Safety data were pooled from 12 randomized, placebo-controlled Phase 2b/3 trials to analyze the association of glucosuria with genital infection in patients with suboptimally controlled diabetes (HbA1c > 6.5 % -12 % ). Patients were randomized to receive dapagliflozin (2.5 mg, 5 mg, or 10 mg) or placebo once daily, either as monotherapy or add-on to metformin, insulin, sulfonylurea, or thiazolidinedione for 12-24 weeks. The incidence of clinical diagnoses and of events suggestive of genital infection was evaluated.

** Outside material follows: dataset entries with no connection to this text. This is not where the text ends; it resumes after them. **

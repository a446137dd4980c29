-- ===== src/Provision/Covered.antt =====
-- `verifyProvisionedNames` decides whether a certificate covers a request for a key.
use kmp_issuer.Base.{
  ◌≡◌, refl, sym, ◌∙◌, ◌↔◌, inl, inr, true, false, not, [], Bool-cases, none, some, Option-cases,
  ok, In, if◌then◌else◌, is_nil,
}
use mathlib.Core.Bool.{false≢true}
use mathlib.Core.List.{cons-ne-nil}
use kmp_issuer.Text.{Bytes, equal_fold, trim_space}
use kmp_issuer.X509.{Certificate, Platform, ip_equal}
use kmp_issuer.Verify.{describe_common_name, missing_from}
use kmp_issuer.Verify.Missing.{append-eq-nil, any_iff, missing_from_iff}
use kmp_issuer.Verify.Laws.{FoldIn, contains_fold_iff, none_missing_iff}
use kmp_issuer.Provision.{ProvisionRequest}
use kmp_issuer.Provision.Names.{
  alt_name_present, describe_alt_name, missing_provisioned, verify_provisioned_names,
}

module _ (p : Platform) where
  -- A certificate has an alternative name: a name of white space alone, or an address that is one
  -- of its IP addresses, or a name that is one of its DNS names but for case.
  pub data HasAltName (leaf : Certificate) (alt_name : Bytes) : Type 0 where
    blank : is_nil (trim_space alt_name) ≡ true → HasAltName leaf alt_name
    address :
        (ip issued : Bytes)
        → is_nil (trim_space alt_name) ≡ false
        → Platform.parse_ip p (trim_space alt_name) ≡ some ip
        → In issued leaf.ip_addresses
        → ip_equal issued ip ≡ true
        → HasAltName leaf alt_name
    dns :
        is_nil (trim_space alt_name) ≡ false
        → Platform.parse_ip p (trim_space alt_name) ≡ none
        → FoldIn (Platform.unicode p) leaf.dns_names (trim_space alt_name)
        → HasAltName leaf alt_name

  alt_name_present-HasAltName :
      (leaf : Certificate) (alt_name : Bytes)
      → alt_name_present p leaf alt_name ≡ true
      → HasAltName leaf alt_name
  unfolding alt_name_present
  alt_name_present-HasAltName leaf alt_name h =
      let name = trim_space alt_name in
      elim (Bool-cases (is_nil name)) [
        | inl empty ↦ blank empty
        | inr full ↦ elim (Option-cases (Platform.parse_ip p name)) [
          | inr (ip, e) ↦
              let (issued, i, same) =
                (any_iff (λ issued. ip_equal issued ip) leaf.ip_addresses).0
                  (rw (alt_name_present, full, e) at h) in
              address ip issued full e i same
          | inl e ↦ dns full e (
              (contains_fold_iff (Platform.unicode p) leaf.dns_names name).0
                (rw (alt_name_present, full, e) at h))
        ]
      ]

  HasAltName-alt_name_present :
      (leaf : Certificate) (alt_name : Bytes)
      → HasAltName leaf alt_name
      → alt_name_present p leaf alt_name ≡ true
  unfolding alt_name_present
  HasAltName-alt_name_present leaf alt_name (blank e) = rw e refl
  HasAltName-alt_name_present leaf alt_name (address ip issued full e i same) =
      rw (full, e) ((any_iff (λ j. ip_equal j ip) leaf.ip_addresses).1 (issued, i, same))
  HasAltName-alt_name_present leaf alt_name (dns full e i) =
      rw (full, e) ((contains_fold_iff (Platform.unicode p) leaf.dns_names _).1 i)

  -- What a certificate has to carry for a provisioned key: the common name, but for case, and each
  -- alternative name.
  pub record CoversProvisioned (req : ProvisionRequest) (leaf : Certificate) : Type 0 where
    pub common_name :
        equal_fold (Platform.unicode p) req.common_name leaf.subject.common_name ≡ true
    pub alt_names : (want : Bytes) → In want req.alt_names → HasAltName leaf want

  common_name_iff :
      (requested got : Bytes)
      → ((if not (equal_fold (Platform.unicode p) requested got)
            then describe_common_name p requested got
            else [])
          ≡ [])
        ↔ (equal_fold (Platform.unicode p) requested got ≡ true)
  common_name_iff requested got =
      elim (Bool-cases (equal_fold (Platform.unicode p) requested got)) [
        | inl same ↦ (λ _. same, λ _. rw same)
        | inr differs ↦ (
          λ h. absurd (cons-ne-nil _ _ (rw differs at h)),
          λ f. absurd (false≢true (sym differs ∙ f)),
        )
      ]

  alt_names_iff :
      (req : ProvisionRequest) (leaf : Certificate)
      → (missing_from (alt_name_present p leaf) (describe_alt_name p) req.alt_names ≡ [])
        ↔ ((want : Bytes) → In want req.alt_names → HasAltName leaf want)
  alt_names_iff req leaf =
      missing_from_iff
        (λ want. (alt_name_present-HasAltName leaf want, HasAltName-alt_name_present leaf want))
        (describe_alt_name p) req.alt_names

  -- `verifyProvisionedNames` accepts a certificate exactly if it has the common name, but for case,
  -- and every alternative name of the request: an IP address among its addresses, another name
  -- among its DNS names but for case; blank names are passed over.
  pub verify_provisioned_names_iff :
      (req : ProvisionRequest) (leaf : Certificate)
      → (verify_provisioned_names p req leaf ≡ ok tt) ↔ CoversProvisioned req leaf
  unfolding verify_provisioned_names missing_provisioned
  verify_provisioned_names_iff req leaf =
      let (to, from) = none_missing_iff (missing_provisioned p req leaf) in
      (
        λ h.
            let (name, alts) = append-eq-nil _ _ (to h) in
            record {
              common_name = (common_name_iff req.common_name leaf.subject.common_name).0 name;
              alt_names = (alt_names_iff req leaf).0 alts;
            },
        λ c. from (
            rw
              (
                (common_name_iff req.common_name leaf.subject.common_name).1 c.common_name,
                (alt_names_iff req leaf).1 c.alt_names,
              )
              refl),
      )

The pooled safety data included 4545 patients: 3152 who received once-daily dapagliflozin (2.5 mg [n = 814], 5 mg [n = 1145], or 10 mg [n = 1193]) as monotherapy or add-on treatment, and 1393 placebo-treated patients. For dapagliflozin 2.5 mg, 5 mg, 10 mg, and placebo, diagnosed infections were reported in 4.1 % , 5.7 % , 4.8 % , and 0.9 % , respectively. Most infections were mild or moderate and responded to standard antimicrobial treatment. Discontinuation due to these events was rare. No clear dose-response relationship between dapagliflozin and genital infection was demonstrated.
Treatment with dapagliflozin 2.5 mg, 5 mg, or 10 mg once daily is accompanied by an increased risk of vulvovaginitis or balanitis, related to the induction of glucosuria. Events were generally mild to moderate, clinically manageable, and rarely led to discontinuation of treatment.